Tell how many lines in these records contain the string "width", with only the number as the reply.

[[ Materials provided, beginning ]]

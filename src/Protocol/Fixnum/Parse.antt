-- ===== src/Protocol/Fixnum/Parse.antt =====
-- `strconv.ParseUint` reads the fixed-width digits back.
use gotalk.Common.{
  ℕ, zero, suc, ◌+◌, ◌*◌, ◌/◌, ◌%◌, ◌^◌, ◌<◌, ◌≡◌, refl, ◌∙◌, arith, ap, [], ◌∷◌, ◌++◌, Bytes,
  length, ok, sym, append-nil, append_assoc, leb-eq_false,
}
use native.Mathlib.Nat.{one-le-pow}
use gotalk.Protocol.Fixnum.{digit, digit_value, parse_loop, parse_uint, hex_digits}
use gotalk.Protocol.Fixnum.Copy.{length-hex_digits}

digit_value-digit : (d : ℕ) → d < 16 → digit_value (digit d) ≡ d
unfolding digit_value digit
digit_value-digit d h = ground arith

parse_loop-digit :
    (bits m d : ℕ) (s : Bytes)
    → d < 16
    → m < 2 ^ 60
    → m * 16 + d < 2 ^ bits
    → parse_loop bits (digit d ∷ s) m ≡ parse_loop bits s (m * 16 + d)
unfolding parse_loop
parse_loop-digit bits m d s hd hm hb = rw (
  digit_value-digit d hd,
  leb-eq_false 16 d hd,
  leb-eq_false (2 ^ 60) m hm,
  leb-eq_false (2 ^ bits) (m * 16 + d) hb,
)

-- The loop over a number's digits and then over `s`.
parse_loop-hex_digits :
    (bits k n : ℕ) (s : Bytes)
    → n < 16 ^ k
    → n < 2 ^ bits
    → n < 2 ^ 64
    → parse_loop bits (hex_digits k n ++ s) 0 ≡ parse_loop bits s n
unfolding hex_digits
parse_loop-hex_digits bits zero n s h hb h64 = ap (parse_loop bits s) (omega arith)
parse_loop-hex_digits bits (suc k) n s h hb h64 =
    ap (λ t. parse_loop bits t 0) (append_assoc (hex_digits k (n / 16)) (digit (n % 16) ∷ []) s)
    ∙ parse_loop-hex_digits bits k (n / 16) (digit (n % 16) ∷ s) (omega arith) (omega arith)
        (omega arith)
    ∙ parse_loop-digit bits (n / 16) (n % 16) s (omega arith) (omega arith) (omega arith)
    ∙ ap (parse_loop bits s) (omega arith)

parse_uint-parse_loop :
    (s : Bytes) (bits : ℕ) → 0 < length s → parse_uint s bits ≡ parse_loop bits s 0
unfolding parse_uint
parse_uint-parse_loop [] bits h = absurd (omega arith)
parse_uint-parse_loop (c ∷ s) bits h = refl

-- `ParseUint` at a bit size gives back every number below `16 ^ k`, `2 ^ bits` and `2 ^ 64` that
-- was printed in `k` hexadecimal digits, for a positive `k`.
pub parse_uint-hex_digits :
    (bits k n : ℕ)
    → 0 < k
    → n < 16 ^ k
    → n < 2 ^ bits
    → n < 2 ^ 64
    → parse_uint (hex_digits k n) bits ≡ ok n
parse_uint-hex_digits bits k n hk h hb h64 =
    parse_uint-parse_loop (hex_digits k n) bits (omega (arith, length-hex_digits k n))
    ∙ ap (λ t. parse_loop bits t 0) (sym (append-nil (hex_digits k n)))
    ∙ parse_loop-hex_digits bits k n [] h hb h64
    ∙ unfold parse_loop in refl

-- Whatever it accepts fits the width asked for.
parse_loop-lt :
    (bits : ℕ) (s : Bytes) (n r : ℕ) → n < 2 ^ bits → parse_loop bits s n ≡ ok r → r < 2 ^ bits
unfolding parse_loop
parse_loop-lt bits [] n r h e = ground arith
parse_loop-lt bits (c ∷ s) n r h e = ground (arith, parse_loop-lt bits s (n * 16 + digit_value c) r)

pub parse_uint-lt : (s : Bytes) (bits r : ℕ) → parse_uint s bits ≡ ok r → r < 2 ^ bits
unfolding parse_uint
parse_uint-lt [] bits r e = cc
parse_uint-lt (c ∷ s) bits r e = parse_loop-lt bits (c ∷ s) 0 r (one-le-pow bits 2 (omega arith)) e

[[ Materials provided, end ]]

■ Solution to this problem
2